- Data -
◆ ◆ ◆ ◆ ◆ ◆ ◆

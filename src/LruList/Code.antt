-- ===== src/LruList/Code.antt =====
-- The methods of the nodes and of the list of internal/cache/lru_cache/list/lru_list.go, over
-- the memory of LruList.
use wb_l.LruList.{
  root_error, error_of, not_in_list_error, pointer_of, list_elem_error, nil, pure, store_value,
  store_len, store_key, store_list, store_prev, store_next, load_list, load_len, alloc, load_prev,
  load_next, ListError, Result, Ptr, Cmd,
}
use wb_l.Base.{ℕ, ◌+◌, ◌-◌, Bool, not, ◌||◌, Option, some, ◌==◌, if◌then◌else◌}
use wb_l.LruList.{◌>>=◌, ◌>>◌, success, failure}

module _ {ℓ} {K V : Type ℓ} where
  -- `node.Next()` and `node.Prev()`: nil at the ring's end. `&node.list.Load().root` is the list's
  -- own address.
  unfoldable pub node_next : Ptr → Cmd K V Ptr
  unfolding load_next load_list
  node_next node = do
    n ← load_next node
    l ← load_list node
    pure (if not (l == nil) then (if not (n == l) then n else nil) else nil)

  unfoldable pub node_prev : Ptr → Cmd K V Ptr
  unfolding load_prev load_list
  node_prev node = do
    p ← load_prev node
    l ← load_list node
    pure (if not (l == nil) then (if not (p == l) then p else nil) else nil)

  unfoldable pub new_node : K → V → (list next prev : Ptr) → Cmd K V Ptr
  unfolding alloc store_next store_prev store_list store_key store_value
  new_node key value list next prev = do
    node ← alloc
    store_next node next
    store_prev node prev
    store_list node list
    store_key node key
    store_value node value
    pure node

  unfoldable pub new_list : Cmd K V Ptr
  unfolding alloc store_next store_prev store_list store_len
  new_list = do l ← alloc; store_len l 0; store_next l l; store_prev l l; store_list l l; pure l

  unfoldable pub front : Ptr → Cmd K V Ptr
  unfolding node_prev
  front l = node_prev l

  unfoldable pub back : Ptr → Cmd K V Ptr
  unfolding node_next
  back l = node_next l

  unfoldable pub size : Ptr → Cmd K V ℕ
  unfolding load_len
  size l = load_len l

  unfoldable pub empty : Ptr → Cmd K V Bool
  unfolding load_len
  empty l = do n ← load_len l; pure (n == 0)

  -- The private `insert`: links a free node behind `here`, towards the front.
  unfoldable pub insert : Ptr → (node here : Ptr) → Cmd K V (Result Ptr)
  unfolding load_next load_prev load_list store_next store_prev store_list load_len store_len
  insert l node here = do
    in_list ← load_list node
    has_next ← load_next node
    has_prev ← load_prev node
    if not (in_list == nil) || not (has_next == nil) || not (has_prev == nil)
        then pure (failure list_elem_error)
        else do
          owner ← load_list here
          if not (owner == l) then pure (failure not_in_list_error) else do
            store_list node l
            next ← load_next here
            store_next here node
            store_prev node here
            store_next node next
            store_prev next node
            n ← load_len l
            store_len l (n + 1)
            pure (success node)

  unfoldable pub insert_after : Ptr → K → V → Ptr → Cmd K V (Result Ptr)
  unfolding new_node insert
  insert_after l key value here = do node ← new_node key value nil nil nil; insert l node here

  unfoldable pub push_front_node : Ptr → Ptr → Cmd K V (Result Ptr)
  unfolding load_prev insert
  push_front_node l node = do here ← load_prev l; insert l node here

  unfoldable pub push_back_node : Ptr → Ptr → Cmd K V (Result Ptr)
  unfolding insert
  push_back_node l node = insert l node l

  unfoldable pub push_front : Ptr → K → V → Cmd K V Ptr
  unfolding new_node push_front_node
  push_front l key value = do
    node ← new_node key value nil nil nil
    r ← push_front_node l node
    pure (pointer_of r)

  unfoldable pub push_back : Ptr → K → V → Cmd K V Ptr
  unfolding new_node push_back_node
  push_back l key value = do
    node ← new_node key value nil nil nil
    r ← push_back_node l node
    pure (pointer_of r)

  -- A list with a node in it has a positive length, so that `l.len -= 1` is the subtraction of ℕ.
  unfoldable pub remove : Ptr → Ptr → Cmd K V (Result Ptr)
  unfolding load_next load_prev load_list store_next store_prev store_list load_len store_len
  remove l here = do
    owner ← load_list here
    if not (owner == l)
        then pure (failure not_in_list_error)
        else if here == l
        then pure (failure root_error)
        else do
          p ← load_prev here
          n ← load_next here
          store_next p n
          n' ← load_next here
          p' ← load_prev here
          store_prev n' p'
          store_next here nil
          store_prev here nil
          store_list here nil
          k ← load_len l
          store_len l (k - 1)
          pure (success here)

  abbrev pub then_push : (Ptr → Cmd K V (Result Ptr)) → Result Ptr → Cmd K V (Option ListError)
  then_push push (success node) = do r ← push node; pure (error_of r)
  then_push push (failure e) = pure (some e)

  unfoldable pub move_to_front : Ptr → Ptr → Cmd K V (Option ListError)
  unfolding remove push_front_node
  move_to_front l here = do r ← remove l here; then_push (push_front_node l) r

  unfoldable pub move_to_back : Ptr → Ptr → Cmd K V (Option ListError)
  unfolding remove push_back_node
  move_to_back l here = do r ← remove l here; then_push (push_back_node l) r

  unfoldable pub pop_front : Ptr → Cmd K V (Result Ptr)
  unfolding front remove
  pop_front l = do p ← front l; remove l p

  unfoldable pub pop_back : Ptr → Cmd K V (Result Ptr)
  unfolding back remove
  pop_back l = do p ← back l; remove l p
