-- ===== src/LruList/Rep.antt =====
-- What a list of lru_list.go in memory stands for, and its two state changes: linking and unlinking.
use wb_l.Base.{◌++◌, ◌+◌, ◌-◌, ◌<◌, ◌≡◌, ◌≢◌, true, false, [], ◌∷◌, List, arith, ◌==◌}
use wb_l.Base.Lists.{length}
use wb_l.LruList.{Ptr, nil, Heap, update}
use wb_l.LruList.Ring.{
  has, Distinct, Seg, Seg-frame, insert_behind, erase, has-append, has-next, has-prev, insert-Seg,
  remove-Seg, next_inserted, prev_inserted, next_removed, prev_removed,
}
use wb_l.LruList.Nodes.{
  has-insert_behind, insert_behind-Distinct, length-insert_behind, has-erase, erase-Distinct,
  length-erase,
}

-- The list at `l` holds the nodes `ps`, from the back to the front: the ring leads from the sentinel
-- through them and back, exactly they and the sentinel say that they belong to `l`, and `len` counts them.
pub record Rep {ℓ} {K V : Type ℓ} (h : Heap K V) (l : Ptr) (ps : List Ptr) : Type 0 where
  pub ring : Seg h.next h.prev l ps l
  pub distinct : Distinct (l ∷ ps)
  pub owned : (p : Ptr) → (h.list p == l) ≡ has p (l ∷ ps)
  pub len : h.len l ≡ length ps
  pub no_nil : has nil (l ∷ ps) ≡ false
  pub old : (p : Ptr) → has p (l ∷ ps) ≡ true → p < h.top

-- A node that belongs to no list and has no neighbour.
pub record IsFree {ℓ} {K V : Type ℓ} (h : Heap K V) (p : Ptr) : Type 0 where
  pub ne_nil : p ≢ nil
  pub list : h.list p ≡ nil
  pub next : h.next p ≡ nil
  pub prev : h.prev p ≡ nil
  pub old : p < h.top

module _ {ℓ} {K V : Type ℓ} where
  -- The memory after the stores of `insert`, and after those of `Remove`.
  abbrev pub inserted : (l node here : Ptr) → Heap K V → Heap K V
  inserted l node here h = record h {
    list = update h.list node l;
    next = next_inserted h.next h.prev node here;
    prev = prev_inserted h.next h.prev node here;
    len = update h.len l (h.len l + 1);
  }

  abbrev pub removed : (l here : Ptr) → Heap K V → Heap K V
  removed l here h = record h {
    list = update h.list here nil;
    next = next_removed h.next h.prev here;
    prev = prev_removed h.next h.prev here;
    len = update h.len l (h.len l - 1);
  }

  module _ {h : Heap K V} {l : Ptr} {ps : List Ptr} (r : Rep h l ps) where
    pub next-ne_nil : (p : Ptr) → has p (l ∷ ps) ≡ true → h.next p ≢ nil
    next-ne_nil p i =
        ground (arith, has-next h.next h.prev p l ps l r.ring, has-append nil ps (l ∷ []), r.no_nil)

    pub prev-ne_nil : (p : Ptr) → has p (l ∷ ps) ≡ true → h.prev p ≢ nil
    prev-ne_nil p i =
        ground (arith, has-prev h.next h.prev p l ps l r.ring, has-append p ps (l ∷ []), r.no_nil)

    -- A free node is none of the ring's.
    pub free-not-has : (p : Ptr) → IsFree h p → has p (l ∷ ps) ≡ false
    free-not-has p f = ground (arith, r.owned p, f.list, r.no_nil)

    pub inserted-Rep :
        (node here : Ptr)
        → IsFree h node
        → has here (l ∷ ps) ≡ true
        → Rep (inserted l node here h) l (insert_behind node here l ps)
    inserted-Rep node here f i =
        let new = free-not-has node f in
        record {
          ring =
              insert-Seg h.next h.prev node here l ps l r.ring r.distinct r.distinct.0 new
                (ground arith) i;
          distinct = insert_behind-Distinct node here l ps r.distinct new;
          owned = λ p. ground (arith, r.owned p, has-insert_behind node here p l ps);
          len = ground (arith, r.len, length-insert_behind node here l ps);
          no_nil = ground (arith, r.no_nil, f.ne_nil, has-insert_behind node here nil l ps);
          old = λ p j. ground (arith, r.old p, f.old, has-insert_behind node here p l ps);
        }

    pub removed-Rep : (here : Ptr) → has here ps ≡ true → Rep (removed l here h) l (erase here ps)
    removed-Rep here i = record {
      ring = remove-Seg h.next h.prev here l ps l r.ring r.distinct r.distinct.0 i;
      distinct = (
        ground (arith, r.distinct.0, has-erase here l ps r.distinct.1),
        erase-Distinct here ps r.distinct.1,
      );
      owned =
          λ p. ground (arith, r.owned p, r.distinct.0, r.no_nil, has-erase here p ps r.distinct.1);
      len = ground (arith, r.len, length-erase here ps i);
      no_nil = ground (arith, r.no_nil, has-erase here nil ps r.distinct.1);
      old = λ p j. ground (arith, r.old p, has-erase here p ps r.distinct.1);
    }

    pub removed-IsFree : (here : Ptr) → has here ps ≡ true → IsFree (removed l here h) here
    removed-IsFree here i = record {
      ne_nil = ground (arith, r.no_nil);
      list = ground arith;
      next = ground arith;
      prev = ground arith;
      old = ground (arith, r.old here);
    }

    -- A removal touches no free node.
    pub removed-IsFree_other :
        (here node : Ptr) → has here ps ≡ true → IsFree h node → IsFree (removed l here h) node
    removed-IsFree_other here node i f =
        let new = free-not-has node f in
        let next_in = has-next h.next h.prev here l ps l r.ring (ground arith) in
        let prev_in =
          has-prev h.next h.prev here l ps l r.ring (ground (arith, has-append here ps (l ∷ []))) in
        record {
          ne_nil = f.ne_nil;
          list = ground (arith, f.list);
          next = ground (arith, f.next, new);
          prev = ground (arith, f.prev, new, has-append (h.next here) ps (l ∷ []));
          old = f.old;
        }

  -- Whoever is in one list's ring is in no other's, so another list is untouched.
  module _ {h : Heap K V} {l : Ptr} {ps : List Ptr} (r : Rep h l ps) (l' : Ptr) (qs : List Ptr)
      (r' : Rep h l' qs) (apart : l' ≢ l) where
    not-both : (p : Ptr) → has p (l ∷ ps) ≡ true → has p (l' ∷ qs) ≡ false
    not-both p i = ground (arith, r.owned p, r'.owned p)

    in-ring : (p : Ptr) → has p (qs ++ l' ∷ []) ≡ has p (l' ∷ qs)
    in-ring p = ground (arith, has-append p qs (l' ∷ []))

    pub inserted-Rep_other :
        (node here : Ptr)
        → IsFree h node
        → has here (l ∷ ps) ≡ true
        → Rep (inserted l node here h) l' qs
    inserted-Rep_other node here f i =
        let new = free-not-has r' node f in
        let next_in = has-next h.next h.prev here l ps l r.ring i in
        record {
          ring =
              Seg-frame h.next h.prev (next_inserted h.next h.prev node here)
                (prev_inserted h.next h.prev node here) l' qs l'
                (λ p j. ground (arith, not-both here i, new))
                (λ p j. ground (
                  arith,
                  not-both (h.next here),
                  has-append (h.next here) ps (l ∷ []),
                  in-ring p,
                  new,
                  next_in,
                ))
                r'.ring;
          distinct = r'.distinct;
          owned = λ p. ground (arith, r'.owned p, new, apart);
          len = ground (arith, r'.len);
          no_nil = r'.no_nil;
          old = r'.old;
        }

    pub removed-Rep_other : (here : Ptr) → has here ps ≡ true → Rep (removed l here h) l' qs
    removed-Rep_other here i =
        let next_in = has-next h.next h.prev here l ps l r.ring (ground arith) in
        let prev_in =
          has-prev h.next h.prev here l ps l r.ring (ground (arith, has-append here ps (l ∷ []))) in
        record {
          ring =
              Seg-frame h.next h.prev (next_removed h.next h.prev here)
                (prev_removed h.next h.prev here) l' qs l'
                (λ p j. ground (arith, not-both here, not-both (h.prev here) prev_in))
                (λ p j. ground (
                  arith,
                  not-both here,
                  not-both (h.next here),
                  has-append (h.next here) ps (l ∷ []),
                  in-ring p,
                  next_in,
                ))
                r'.ring;
          distinct = r'.distinct;
          owned = λ p. ground (arith, r'.owned p, not-both here, r'.no_nil);
          len = ground (arith, r'.len);
          no_nil = r'.no_nil;
          old = r'.old;
        }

◆ ◆ ◆ ◆ ◆ ◆ ◆

- Task directions -
Work out how many lines in the records contain the word "frame", and give that number by itself.

- Answer space -
3